Just in case anyone wants to see the code:

 1
 2
 3
 4
 5
 6
 7
 8
 9
10
11
12
13
14
15
16
17
18
19
20
21
22
23
24
25
26
27
28
29
30
31
32
33
34
35
36
37
38
39
40
41
42
43
44
45
46
47
48
49
50
51
52
53
54
55
56
57
58
59
60
61
62
63
64
65
[AsyncMethodBuilder(typeof(AsyncStateMethodBuilder<>))]
struct AsyncState<T> : INotifyCompletion
{
     public static AsyncState<T> Completed { get; } = new AsyncState<T>(default(T)); // Can be used to prevent creating of new objects every time...

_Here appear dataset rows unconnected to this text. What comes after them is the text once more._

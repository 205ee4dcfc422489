-- ===== src/Targz/Reader/Hold.antt =====
-- The bytes that a reader keeps back: the last eight are the footer.
use spangap_core.Base.{
  ℕ, zero, suc, ◌+◌, ◌-◌, ◌%◌, ◌≡◌, refl, ◌∙◌, inl, inr, Bool, true, false, ◌&&◌, Option, none,
  some, List, [], ◌∷◌, ◌==◌, Bool-cases, length, drop,
}
use spangap_core.Targz.Tar.{
  Err, ok, err_magic, err_deflate, err_tar, err_unsafe, err_crc, err_truncated, err_sink, err_mem,
  Tar, Callbacks, tar_consume,
}
use spangap_core.Targz.Reader.{
  dict_size, Tinfl, Reader, Inflated, InflateStatus, all_done, wants_more, has_failed, is_ok,
  in_deflate, stage_of, past_header, consumed, take_output, inflate_on, inflate_turn, inflate_loop,
  inflate_some, judge, feed_run,
}

module _ (tn : Tinfl) (cb : Callbacks) where
  abbrev pub State : Type 0
  State = Reader tn.D cb.Ctx

  -- The decompression leaves the bytes kept back, and does not go back to the header.
  abbrev pub Kept : State → State → Type 0
  Kept r t = (t.hold ≡ r.hold) × (past_header (stage_of r) ≡ true → past_header (stage_of t) ≡ true)

  pub Kept-trans : (r s t : State) → Kept r s → Kept s t → Kept r t
  Kept-trans r s t a b = (b.0 ∙ a.0, λ p. b.1 (a.1 p))

  consumed-Kept :
      (r : State) (n : ℕ) (o : Option (Err × Tar cb.Ctx)) → Kept r (consumed tn cb r n o)
  unfolding consumed
  consumed-Kept r n none = (refl, λ p. p)
  consumed-Kept r n (some (ok, t)) = (refl, λ p. p)
  consumed-Kept r n (some (err_magic, t)) = (refl, λ p. p)
  consumed-Kept r n (some (err_deflate, t)) = (refl, λ p. p)
  consumed-Kept r n (some (err_tar, t)) = (refl, λ p. p)
  consumed-Kept r n (some (err_unsafe, t)) = (refl, λ p. p)
  consumed-Kept r n (some (err_crc, t)) = (refl, λ p. p)
  consumed-Kept r n (some (err_truncated, t)) = (refl, λ p. p)
  consumed-Kept r n (some (err_sink, t)) = (refl, λ p. p)
  consumed-Kept r n (some (err_mem, t)) = (refl, λ p. p)

  take_output-Kept : (r : State) (out : List ℕ) → Kept r (take_output tn cb r out)
  unfolding take_output
  take_output-Kept r [] = (refl, λ p. p)
  take_output-Kept r (c ∷ out) =
      consumed-Kept
        record r {
          crc = tn.crc32 r.crc (c ∷ out);
          raw_len = (r.raw_len + length (c ∷ out)) % 18446744073709551616;
        }
        (length (c ∷ out)) (tar_consume cb r.tar (c ∷ out))

  inflate_on-Kept :
      (rest : State → List ℕ → State × List ℕ) (status : InflateStatus) (stuck : Bool) (r : State)
      (p : List ℕ)
      → Kept r (rest r p).0
      → Kept r (inflate_on tn cb rest status stuck r p).0
  unfolding inflate_on
  inflate_on-Kept rest all_done stuck r p e = (refl, λ x. refl)
  inflate_on-Kept rest has_failed stuck r p e = (refl, λ x. x)
  inflate_on-Kept rest wants_more true r p e = (refl, λ x. x)
  inflate_on-Kept rest wants_more false r p e = e

  inflate_turn-Kept :
      (rest : State → List ℕ → State × List ℕ) (r : State) (p : List ℕ) (d : Inflated tn.D)
      → ((r1 : State) (p1 : List ℕ) → Kept r1 (rest r1 p1).0)
      → Kept r (inflate_turn tn cb rest r p d).0
  unfolding inflate_turn
  inflate_turn-Kept rest r p d later =
      let r1 = take_output tn cb record r { inf = d.inf } d.output in
      let same = take_output-Kept record r { inf = d.inf } d.output in
      let stuck = d.taken == 0 && length d.output == 0 in
      elim (Bool-cases (is_ok r1.err)) [
        | inl a ↦ rw a (
            Kept-trans r r1 (inflate_on tn cb rest d.status stuck r1 (drop d.taken p)).0 same
              (inflate_on-Kept rest d.status stuck r1 (drop d.taken p) (later r1 (drop d.taken p))))
        | inr a ↦ rw a same
      ]

  inflate_loop-Kept :
      (fuel : ℕ) (final : Bool) (r : State) (p : List ℕ)
      → Kept r (inflate_loop tn cb fuel final r p).0
  unfolding inflate_loop
  inflate_loop-Kept zero final r p = (refl, λ x. x)
  inflate_loop-Kept (suc fuel) final r p =
      let later = inflate_loop-Kept fuel final in
      elim (Bool-cases (in_deflate (stage_of r))) [
        | inl a ↦ rw a (
            inflate_turn-Kept (inflate_loop tn cb fuel final) r p
              (tn.decompress r.inf p (dict_size - r.dict_ofs) final) later)
        | inr a ↦ rw a (refl, λ x. x)
      ]

  judge-Kept : (r : State) (left : List ℕ) → Kept r (judge tn cb (r, left))
  unfolding judge
  judge-Kept r [] = (refl, λ x. x)
  judge-Kept r (c ∷ left) = elim (Bool-cases (is_ok r.err && in_deflate (stage_of r))) [
    | inl a ↦ rw a (refl, λ x. x)
    | inr a ↦ rw a (refl, λ x. x)
  ]

  pub feed_run-Kept : (r : State) (p : List ℕ) → Kept r (feed_run tn cb r p)
  unfolding feed_run inflate_some
  feed_run-Kept r [] = (refl, λ x. x)
  feed_run-Kept r (c ∷ p) =
      let d = inflate_loop tn cb (tn.rounds r.inf (c ∷ p)) false r (c ∷ p) in
      elim (Bool-cases (is_ok r.err)) [
        | inl a ↦ rw a (
            Kept-trans r d.0 (judge tn cb d)
              (inflate_loop-Kept (tn.rounds r.inf (c ∷ p)) false r (c ∷ p)) (judge-Kept d.0 d.1))
        | inr a ↦ rw a (refl, λ x. x)
      ]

     private Action fContinuation;
     private T fResult;

     public bool IsCompleted { get; private set; }
     public T GetResult() => fResult;

     public AsyncState(T value)
     {
         fContinuation = null;
         fResult = value;
         IsCompleted = true;
     } 

     void INotifyCompletion.OnCompleted(Action continuation)
     {
         fContinuation += continuation;
     }

     public void SetResult(T value)
     {
         fResult = value;
         IsCompleted = true;
         fContinuation?.Invoke();
     }

     public AsyncState<T> GetAwaiter() => this;
}

struct AsyncStateMethodBuilder<T>
{
     private AsyncState<T> fTask;
     public static AsyncStateMethodBuilder<T> Create() => default;

     public void Start<TStateMachine>(ref TStateMachine stateMachine)
         where TStateMachine : IAsyncStateMachine
     {
         stateMachine.MoveNext();
     }

     public void SetStateMachine(IAsyncStateMachine stateMachine)
         => throw new NotImplementedException();

     public void SetResult(T result) => fTask.SetResult(result);
     public void SetException(Exception exception) => throw exception; // Wow this is dirty...
     public AsyncState<T> Task => fTask;

     public void AwaitOnCompleted<TAwaiter, TStateMachine>(ref TAwaiter awaiter, ref TStateMachine stateMachine)
         where TAwaiter : INotifyCompletion
         where TStateMachine : IAsyncStateMachine
     {
         awaiter.OnCompleted(stateMachine.MoveNext);
     }

     public void AwaitUnsafeOnCompleted<TAwaiter, TStateMachine>(ref TAwaiter awaiter, ref TStateMachine stateMachine)
         where TAwaiter : ICriticalNotifyCompletion
         where TStateMachine : IAsyncStateMachine
     {
         awaiter.OnCompleted(stateMachine.MoveNext);
     }
}

After some tests I realized that the main performance gain comes from the fact that the AsyncState is a struct which means no heap allocations. But this comes at a drawback:

 1
 2
 3
 4
 5
 6
 7
 8
 9
10
11
12
private AsyncState<int> DoSomething() { /*...*/ }

public async void ThisWorks()
{
    await DoSomething();
}

public async void ThisDoesNotWork()
{
    var tsk = DoSomething();
    await tsk;
}

Due to the fact that the AsyncState is a struct it is passed by value and not by reference which will lead to unexpected behavior if it is stored anywhere… Because the MoveNext is bound to the wrong awaiter and the program will never continue!